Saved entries

Content starts

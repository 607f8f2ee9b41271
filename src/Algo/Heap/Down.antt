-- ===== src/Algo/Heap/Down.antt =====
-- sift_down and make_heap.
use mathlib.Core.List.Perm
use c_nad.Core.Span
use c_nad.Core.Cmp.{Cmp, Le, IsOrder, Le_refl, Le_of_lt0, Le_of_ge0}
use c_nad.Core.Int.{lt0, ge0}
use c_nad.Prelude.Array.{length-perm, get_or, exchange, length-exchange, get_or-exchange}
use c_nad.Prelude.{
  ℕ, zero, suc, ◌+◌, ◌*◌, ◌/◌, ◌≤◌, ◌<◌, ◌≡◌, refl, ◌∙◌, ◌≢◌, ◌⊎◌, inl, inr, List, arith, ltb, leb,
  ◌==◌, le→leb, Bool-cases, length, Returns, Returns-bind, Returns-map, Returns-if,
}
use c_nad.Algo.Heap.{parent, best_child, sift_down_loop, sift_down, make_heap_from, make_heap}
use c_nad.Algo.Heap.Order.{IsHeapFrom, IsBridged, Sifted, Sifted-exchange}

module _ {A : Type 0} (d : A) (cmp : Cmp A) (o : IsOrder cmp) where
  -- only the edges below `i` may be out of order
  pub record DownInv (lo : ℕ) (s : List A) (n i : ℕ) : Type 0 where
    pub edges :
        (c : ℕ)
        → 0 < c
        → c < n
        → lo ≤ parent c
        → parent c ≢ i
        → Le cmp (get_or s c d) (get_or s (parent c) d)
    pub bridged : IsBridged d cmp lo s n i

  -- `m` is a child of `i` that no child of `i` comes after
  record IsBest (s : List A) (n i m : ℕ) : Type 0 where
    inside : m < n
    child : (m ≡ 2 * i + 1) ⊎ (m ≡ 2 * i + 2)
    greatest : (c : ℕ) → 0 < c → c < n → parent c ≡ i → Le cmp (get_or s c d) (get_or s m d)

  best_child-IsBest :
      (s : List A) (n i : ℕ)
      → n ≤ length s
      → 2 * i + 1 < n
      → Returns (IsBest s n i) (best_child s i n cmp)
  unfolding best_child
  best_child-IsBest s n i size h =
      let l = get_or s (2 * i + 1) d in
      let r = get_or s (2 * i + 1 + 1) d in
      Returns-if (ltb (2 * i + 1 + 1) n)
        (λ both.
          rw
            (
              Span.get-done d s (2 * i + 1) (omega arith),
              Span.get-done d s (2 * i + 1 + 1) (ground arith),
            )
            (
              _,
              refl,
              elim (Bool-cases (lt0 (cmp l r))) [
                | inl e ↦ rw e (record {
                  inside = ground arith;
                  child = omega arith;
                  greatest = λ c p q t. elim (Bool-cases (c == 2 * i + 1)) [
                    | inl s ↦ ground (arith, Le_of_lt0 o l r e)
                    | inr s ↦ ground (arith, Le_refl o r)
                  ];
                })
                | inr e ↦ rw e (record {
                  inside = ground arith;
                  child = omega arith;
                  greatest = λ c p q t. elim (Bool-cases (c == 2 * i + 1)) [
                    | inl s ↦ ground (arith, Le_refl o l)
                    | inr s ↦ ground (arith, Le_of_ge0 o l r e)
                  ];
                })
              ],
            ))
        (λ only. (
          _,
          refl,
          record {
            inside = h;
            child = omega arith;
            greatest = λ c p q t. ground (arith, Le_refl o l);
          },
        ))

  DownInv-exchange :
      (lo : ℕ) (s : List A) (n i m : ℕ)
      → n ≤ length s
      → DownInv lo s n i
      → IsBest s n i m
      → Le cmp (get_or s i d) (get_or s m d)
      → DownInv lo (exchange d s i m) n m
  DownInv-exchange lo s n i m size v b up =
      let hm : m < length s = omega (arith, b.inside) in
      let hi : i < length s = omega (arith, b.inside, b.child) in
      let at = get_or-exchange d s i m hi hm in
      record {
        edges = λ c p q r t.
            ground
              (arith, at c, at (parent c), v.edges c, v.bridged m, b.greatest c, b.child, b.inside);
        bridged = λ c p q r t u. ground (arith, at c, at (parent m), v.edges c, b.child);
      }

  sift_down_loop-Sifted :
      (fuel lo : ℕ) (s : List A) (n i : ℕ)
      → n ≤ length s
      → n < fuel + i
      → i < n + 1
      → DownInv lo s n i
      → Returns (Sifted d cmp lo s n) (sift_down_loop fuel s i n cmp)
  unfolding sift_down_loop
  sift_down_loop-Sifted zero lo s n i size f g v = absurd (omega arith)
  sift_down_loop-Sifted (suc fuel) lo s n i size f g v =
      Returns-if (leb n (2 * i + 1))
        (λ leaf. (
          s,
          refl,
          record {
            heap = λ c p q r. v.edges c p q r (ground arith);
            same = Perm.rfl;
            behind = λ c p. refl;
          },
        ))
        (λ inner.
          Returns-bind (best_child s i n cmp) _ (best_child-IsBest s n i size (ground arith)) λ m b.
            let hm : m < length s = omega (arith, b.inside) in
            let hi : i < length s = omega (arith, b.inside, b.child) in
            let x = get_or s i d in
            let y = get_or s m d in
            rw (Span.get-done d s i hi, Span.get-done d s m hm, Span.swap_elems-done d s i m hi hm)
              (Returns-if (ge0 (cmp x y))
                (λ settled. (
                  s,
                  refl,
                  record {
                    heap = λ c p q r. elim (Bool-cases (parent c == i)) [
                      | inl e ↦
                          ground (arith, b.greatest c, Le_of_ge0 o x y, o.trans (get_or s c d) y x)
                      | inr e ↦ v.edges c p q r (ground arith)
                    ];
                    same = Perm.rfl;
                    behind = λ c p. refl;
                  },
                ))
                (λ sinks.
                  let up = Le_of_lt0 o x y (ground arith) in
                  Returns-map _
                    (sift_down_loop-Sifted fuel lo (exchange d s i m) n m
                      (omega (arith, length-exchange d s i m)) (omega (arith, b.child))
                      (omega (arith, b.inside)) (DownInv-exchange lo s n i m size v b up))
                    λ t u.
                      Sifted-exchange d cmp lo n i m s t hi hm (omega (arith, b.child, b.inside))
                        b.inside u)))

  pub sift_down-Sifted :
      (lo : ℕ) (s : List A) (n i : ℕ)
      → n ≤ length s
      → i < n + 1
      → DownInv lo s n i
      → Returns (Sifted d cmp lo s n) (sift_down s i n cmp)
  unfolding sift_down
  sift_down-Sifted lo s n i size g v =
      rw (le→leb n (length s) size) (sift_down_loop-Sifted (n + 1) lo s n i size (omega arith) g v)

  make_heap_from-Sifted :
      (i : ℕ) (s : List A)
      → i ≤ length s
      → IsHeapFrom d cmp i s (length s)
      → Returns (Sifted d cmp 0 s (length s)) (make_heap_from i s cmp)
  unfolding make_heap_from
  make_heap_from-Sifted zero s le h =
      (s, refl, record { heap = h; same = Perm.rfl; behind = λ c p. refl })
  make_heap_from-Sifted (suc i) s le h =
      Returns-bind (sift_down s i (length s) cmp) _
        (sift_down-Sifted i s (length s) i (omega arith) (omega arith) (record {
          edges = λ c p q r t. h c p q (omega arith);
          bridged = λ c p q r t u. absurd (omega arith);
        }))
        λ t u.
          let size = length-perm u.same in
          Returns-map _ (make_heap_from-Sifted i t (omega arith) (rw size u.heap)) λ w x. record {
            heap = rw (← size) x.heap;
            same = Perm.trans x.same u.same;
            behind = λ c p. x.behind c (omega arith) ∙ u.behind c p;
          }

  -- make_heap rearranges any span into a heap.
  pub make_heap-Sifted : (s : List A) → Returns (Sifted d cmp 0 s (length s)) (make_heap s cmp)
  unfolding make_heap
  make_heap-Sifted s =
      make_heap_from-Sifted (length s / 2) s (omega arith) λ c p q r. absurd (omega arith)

Content ends

TASK INSTRUCTIONS:
Each line from the one containing "behind = λ c p. x.behind" to the final line above should be written out exactly; please omit the others.

REPLY:
            behind = λ c p. x.behind c (omega arith) ∙ u.behind c p;
          }

  -- make_heap rearranges any span into a heap.
  pub make_heap-Sifted : (s : List A) → Returns (Sifted d cmp 0 s (length s)) (make_heap s cmp)
  unfolding make_heap
  make_heap-Sifted s =
      make_heap_from-Sifted (length s / 2) s (omega arith) λ c p q r. absurd (omega arith)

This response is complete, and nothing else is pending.